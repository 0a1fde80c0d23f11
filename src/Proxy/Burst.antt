-- ===== src/Proxy/Burst.antt =====
-- How many wake datagrams go out.
use battlezone_netcode_patch.Prelude.{
  ℕ, suc, ◌+◌, ◌-◌, ◌*◌, ◌≤◌, ◌<◌, ◌≡◌, ◌∙◌, subst, refl, inl, inr, Bool, not, ◌||◌, Option, none,
  some, List, [], ◌∷◌, length, leb, ◌==◌, ◌!=◌, if◌then◌else◌, arith, Bool-cases,
}
use battlezone_netcode_patch.Proxy.{af_inet, invalid_socket}
use battlezone_netcode_patch.Proxy.Recv.{RxState, wake_magic}
use battlezone_netcode_patch.Proxy.Wake.{
  reorder_wake_burst_cap, WakeState, Bound, WakeRound, WakeSend, needs_no_wake, noticed, wake_from,
  with_sender, wake_bound, within_burst, wake_round, WakeOp, polls, changes, rounds, with_sent,
  wake_run,
}

-- How many more may go out before the next poll.
abbrev left : ℕ → WakeState → ℕ
left last w =
    if w.seen_call == last then reorder_wake_burst_cap - w.burst else reorder_wake_burst_cap

abbrev tally : Option WakeSend → ℕ
tally none = 0
tally (some m) = 1

-- A round pays for what it sends, and sends nothing but the wake datagram.
abbrev IsWake : Option WakeSend → Type 0
IsWake none = Unit
IsWake (some m) = m.payload ≡ wake_magic

abbrev Pays : ℕ → ℕ → Option WakeSend × WakeState → Type 0
Pays last n (m, w) = (tally m + left last w ≤ n) × IsWake m

-- Once the burst is that of the last poll.
from-Pays :
    (last : ℕ) (w : WakeState) (b : Bound)
    → w.seen_call ≡ last
    → w.burst < reorder_wake_burst_cap
    → Pays last (left last w) (wake_from w b)
unfolding wake_from
from-Pays last w b e l = elim (Bool-cases (w.wake_sender == invalid_socket)) [
  | inl f ↦ simp f (omega arith, tt)
  | inr f ↦ simp f (ground (arith, e), refl)
]

sender-left :
    (last : ℕ) (w : WakeState) (opened : ℕ) → left last (with_sender w opened) ≡ left last w
unfolding with_sender
sender-left last w opened = ground arith

sender_kept :
    (w : WakeState) (opened : ℕ)
    → ((with_sender w opened).seen_call ≡ w.seen_call) × ((with_sender w opened).burst ≡ w.burst)
unfolding with_sender
sender_kept w opened = (ground arith, ground arith)

bound-Pays :
    (last : ℕ) (w : WakeState) (opened : ℕ) (b : Option Bound)
    → w.seen_call ≡ last
    → w.burst < reorder_wake_burst_cap
    → Pays last (left last w) (wake_bound w opened b)
unfolding wake_bound
bound-Pays last w opened none e l = (omega arith, tt)
bound-Pays last w opened (some b) e l = elim (Bool-cases (b.family != af_inet || b.port == 0)) [
  | inl f ↦ simp f (omega arith, tt)
  | inr f ↦
      let (seen, burst) = sender_kept w opened in
      simp f (
        subst (λ n. Pays last n (wake_from (with_sender w opened) b)) (sender-left last w opened)
          (from-Pays last (with_sender w opened) b (seen ∙ e) (omega (arith, burst, l))))
]

burst-Pays :
    (last : ℕ) (w : WakeState) (t : WakeRound)
    → w.seen_call ≡ last
    → Pays last (left last w) (within_burst w t)
unfolding within_burst
burst-Pays last w t e = elim (Bool-cases (leb reorder_wake_burst_cap w.burst)) [
  | inl f ↦ simp f (omega arith, tt)
  | inr f ↦ simp f (bound-Pays last w t.opened t.bound e (ground (arith, f)))
]

noticed-left :
    (s : RxState) (w : WakeState)
    → ((noticed s w).seen_call ≡ s.last_recv_call_ms)
      × (left s.last_recv_call_ms (noticed s w) ≤ left s.last_recv_call_ms w)
unfolding noticed
noticed-left s w = elim (Bool-cases (s.last_recv_call_ms != w.seen_call)) [
  | inl f ↦ simp f (refl, ground (arith, f))
  | inr f ↦ simp f (ground (arith, f), omega arith)
]

more-Pays : (last n m : ℕ) (r : Option WakeSend × WakeState) → n ≤ m → Pays last n r → Pays last m r
more-Pays last n m (r, w) l k = (omega (arith, l, k.0), k.1)

round-Pays :
    (ready : Bool) (s : RxState) (w : WakeState) (t : WakeRound)
    → Pays s.last_recv_call_ms (left s.last_recv_call_ms w) (wake_round ready s w t)
unfolding wake_round
round-Pays ready s w t = elim (Bool-cases (not ready || needs_no_wake s t.now)) [
  | inl f ↦ simp f (omega arith, tt)
  | inr f ↦
      let (seen, less) = noticed-left s w in
      simp f (
        more-Pays s.last_recv_call_ms _ _ (within_burst (noticed s w) t) less
          (burst-Pays s.last_recv_call_ms (noticed s w) t seen))
]

abbrev pub poll_count : List WakeOp → ℕ
poll_count [] = 0
poll_count (polls now ∷ os) = suc (poll_count os)
poll_count (changes c sock ∷ os) = poll_count os
poll_count (rounds t ∷ os) = poll_count os

abbrev pub AllWakes : List WakeSend → Type 0
AllWakes [] = Unit
AllWakes (m ∷ ms) = (m.payload ≡ wake_magic) × AllWakes ms

abbrev Spends : ℕ → List WakeSend → Type 0
Spends n ms = (length ms ≤ n) × AllWakes ms

sent-Spends :
    (last n k : ℕ) (r : Option WakeSend × WakeState) (ms : List WakeSend)
    → Pays last n r
    → Spends (left last r.1 + k) ms
    → Spends (n + k) (with_sent r.0 ms)
sent-Spends last n k (none, w) ms p q = (omega (arith, p.0, q.0), q.1)
sent-Spends last n k (some m, w) ms p q = (omega (arith, p.0, q.0), (p.1, q.1))

more-Spends : (n m : ℕ) (ms : List WakeSend) → n ≤ m → Spends n ms → Spends m ms
more-Spends n m ms l k = (omega (arith, l, k.0), k.1)

run-Spends :
    (ready : Bool) (s : RxState) (w : WakeState) (os : List WakeOp)
    → Spends
        (left s.last_recv_call_ms w + reorder_wake_burst_cap * poll_count os)
        (wake_run ready s w os)
unfolding wake_run
run-Spends ready s w [] = (omega arith, tt)
run-Spends ready s w (polls now ∷ os) =
    more-Spends _ _ (wake_run ready (record s { last_recv_call_ms = now }) w os) (ground arith)
      (run-Spends ready (record s { last_recv_call_ms = now }) w os)
run-Spends ready s w (changes c sock ∷ os) =
    run-Spends ready (record s { rx = c; sock = sock }) w os
run-Spends ready s w (rounds t ∷ os) =
    let r = wake_round ready s w t in
    sent-Spends s.last_recv_call_ms (left s.last_recv_call_ms w)
      (reorder_wake_burst_cap * poll_count os) r (wake_run ready s r.1 os) (round-Pays ready s w t)
      (run-Spends ready s r.1 os)

-- The wake thread does not flood the game. Whatever the game and the socket do, and whenever its rounds
-- come, it sends at most eight datagrams for each poll of the game and eight before the first, and
-- each of them is the wake datagram.
pub wakes_bounded :
    (ready : Bool) (s : RxState) (w : WakeState) (os : List WakeOp)
    → (length (wake_run ready s w os) ≤ reorder_wake_burst_cap * (poll_count os + 1))
      × AllWakes (wake_run ready s w os)
wakes_bounded ready s w os =
    let k = run-Spends ready s w os in
    let few : left s.last_recv_call_ms w ≤ reorder_wake_burst_cap = ground arith in
    (omega (arith, few, k.0), k.1)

======

### WHAT YOU ARE ASKED TO DO
All lines holding the word "tally" must be copied from the data.

### RESULT OF THE EXERCISE
abbrev tally : Option WakeSend → ℕ
tally none = 0
tally (some m) = 1
Pays last n (m, w) = (tally m + left last w ≤ n) × IsWake m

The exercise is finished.